Their failure to pass legislation to this effect in their four years in office represents only what they regard as the temporary embarrassment of the junior coalition partner, the Free Democratic Party (FDP), because of accusations of FDP abuse of the existing law.

By now even the general public seems to be inured to charges of financial hanky panky by the parties and is greeting the latest revelations with a yawn. Gone are the days when the anti-establishment Greens party could gain sympathy as the only pure party that did not have some questionable business or trade union funds coming into its coffers.

The former economics minister, Free Democrat Otto Lambsdorff, has contended all along that he would be acquitted, and he is hoping for an early decision now after almost two years of trial. In particular, he would like to be cleared so that he might again run for Parliament (and a new Cabinet post) in next January's election without the stigma of being a defendant in court. The timing is problematic, however: while the court could rule soon on the most serious charge of bribery, proceedings are set to continue for months on the related charge of use of office for improper advantage.

This uncertainty has hardly stopped the redoubtable Count Lambsdorff from continuing the public promotion of his credo of an economic market free of all but the most minimal government intervention, and it probably wouldn't prevent him from again winning a seat in the Bundestag -- but it could make a reelected center-right government reluctant to reappoint him to the Cabinet.

Der Spiegel -- the news media spearhead of the earlier allegations that led to the indictment of Lambsdorff, his FDP predecessor as economics minister and later Dresdner Bank chief executive Hans Friderichs, and former senior deputy chairman of the Flick conglomerate Eberhard von Brauchitsch -- attributed its latest charges to an investigation by the Bonn prosecutors.

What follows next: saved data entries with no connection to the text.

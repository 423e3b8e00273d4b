-- ===== src/Stack/Claim.antt =====
-- How a thread of lab3/Stack.c comes by its hazard pointer, and what happens when none is left.
use distibuted_sys.Base.{
  ℕ, zero, suc, ◌+◌, ◌%◌, ◌^◌, ◌<◌, ◌≡◌, ◌≢◌, refl, false, none, some, List, [], ◌∷◌, arith,
  if◌then◌else◌, get_elem?, set, get_elem?-set_self,
}
use distibuted_sys.Stack.{
  Ptr, null, HazardPointer, no_threads, thread_local_error, Memory, done, crash,
}
use distibuted_sys.Stack.Hazard.{System, acquire_cell, get_hazard_pointer_for_current_thread}
use distibuted_sys.Stack.Access.{stack_pop, unlink}
use distibuted_sys.Stack.Pop.{HasHazard}

-- The cells before `j` are taken.
abbrev pub TakenBelow : List HazardPointer → ℕ → Type 0
TakenBelow hs j = (i : ℕ) (h : HazardPointer) → i < j → get_elem? hs i ≡ some h → h.id ≢ 0

acquire_cell-free :
    (id k : ℕ) (hs : List HazardPointer) (j : ℕ) (h : HazardPointer)
    → get_elem? hs j ≡ some h
    → h.id ≡ 0
    → TakenBelow hs j
    → acquire_cell id k hs ≡ (some (k + j), set hs j (record h { id = id }))
unfolding acquire_cell
acquire_cell-free id k [] j h at free taken = cc
acquire_cell-free id k (x ∷ hs) zero h at free taken = ground arith
acquire_cell-free id k (x ∷ hs) (suc j) h at free taken = ground (
  arith,
  taken 0 x,
  acquire_cell-free id (suc k) hs j h at free (λ i y lt e. taken (suc i) y (omega arith) e),
)

-- Every cell is taken.
abbrev pub AllTaken : List HazardPointer → Type 0
AllTaken [] = Unit
AllTaken (h ∷ hs) = (h.id ≢ 0) × AllTaken hs

acquire_cell-full :
    (id k : ℕ) (hs : List HazardPointer) → AllTaken hs → acquire_cell id k hs ≡ (none, hs)
unfolding acquire_cell
acquire_cell-full id k [] taken = refl
acquire_cell-full id k (x ∷ hs) taken = ground (arith, acquire_cell-full id (suc k) hs)

-- A thread that has a hazard pointer keeps it.
pub HasHazard-old :
    (sys : System) (m : Memory) (i : ℕ) (h : HazardPointer)
    → sys.setspecific_fails ≡ false
    → m.local_hazard ≡ some i
    → get_elem? m.hazard_pointers i ≡ some h
    → HasHazard sys m m.hazard_pointers i h
unfolding get_hazard_pointer_for_current_thread
HasHazard-old sys m i h works own at = record { got = ground arith; here = at }

-- A new thread gets the first free cell, marked by the low 32 bits of the address of a local
-- variable.
pub HasHazard-new :
    (sys : System) (m : Memory) (j : ℕ) (h : HazardPointer)
    → sys.setspecific_fails ≡ false
    → m.local_hazard ≡ none
    → get_elem? m.hazard_pointers j ≡ some h
    → h.id ≡ 0
    → TakenBelow m.hazard_pointers j
    → HasHazard sys m
        (set m.hazard_pointers j (record h { id = sys.thread_id_address % 2 ^ 32 }))
        j
        (record h { id = sys.thread_id_address % 2 ^ 32 })
unfolding get_hazard_pointer_for_current_thread
HasHazard-new sys m j h works own at free taken = record {
  got = ground (
    arith,
    acquire_cell-free (sys.thread_id_address % 2 ^ 32) 0 m.hazard_pointers j h at free taken,
  );
  here = get_elem?-set_self m.hazard_pointers j h _ at;
}

-- With no cell left for a new thread, `get_hazard_pointer_for_current_thread` records NO_THREADS, or
-- THREAD_LOCAL_ERROR if pthread_setspecific fails, changes nothing else and returns NULL; `stack_pop`
-- goes on with the NULL pointer, and accesses memory through it.
pub pop-crash :
    (sys : System) (spurious : Ptr → ℕ) (fuel : ℕ) (stack place : Ptr) (m : Memory)
    → stack ≢ null
    → place ≢ null
    → m.local_hazard ≡ none
    → AllTaken m.hazard_pointers
    → (get_hazard_pointer_for_current_thread sys m
        ≡ done none
            (record m { errno = if sys.setspecific_fails then thread_local_error else no_threads }))
      × (stack_pop sys spurious (suc fuel) stack place m ≡ crash)
unfolding stack_pop unlink get_hazard_pointer_for_current_thread
pop-crash sys spurious fuel stack place m present there own taken =
    let full = acquire_cell-full (sys.thread_id_address % 2 ^ 32) 0 m.hazard_pointers taken in
    (ground (arith, own, full), ground (arith, full))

It claimed that the SPD-associated Friedrich Ebert Foundation for political education channeled 22 million Deutsche marks ($10 million) of its intake of 56 million marks ($25 million) between 1975 and 1981 to the Fritz Naphtali Foundation in Israel, and that this money went to the SPD via a Swiss bank account.

In denying the allegations, SPD spokesmen Clement said that the party board had passed on to prosecutors all requested documents.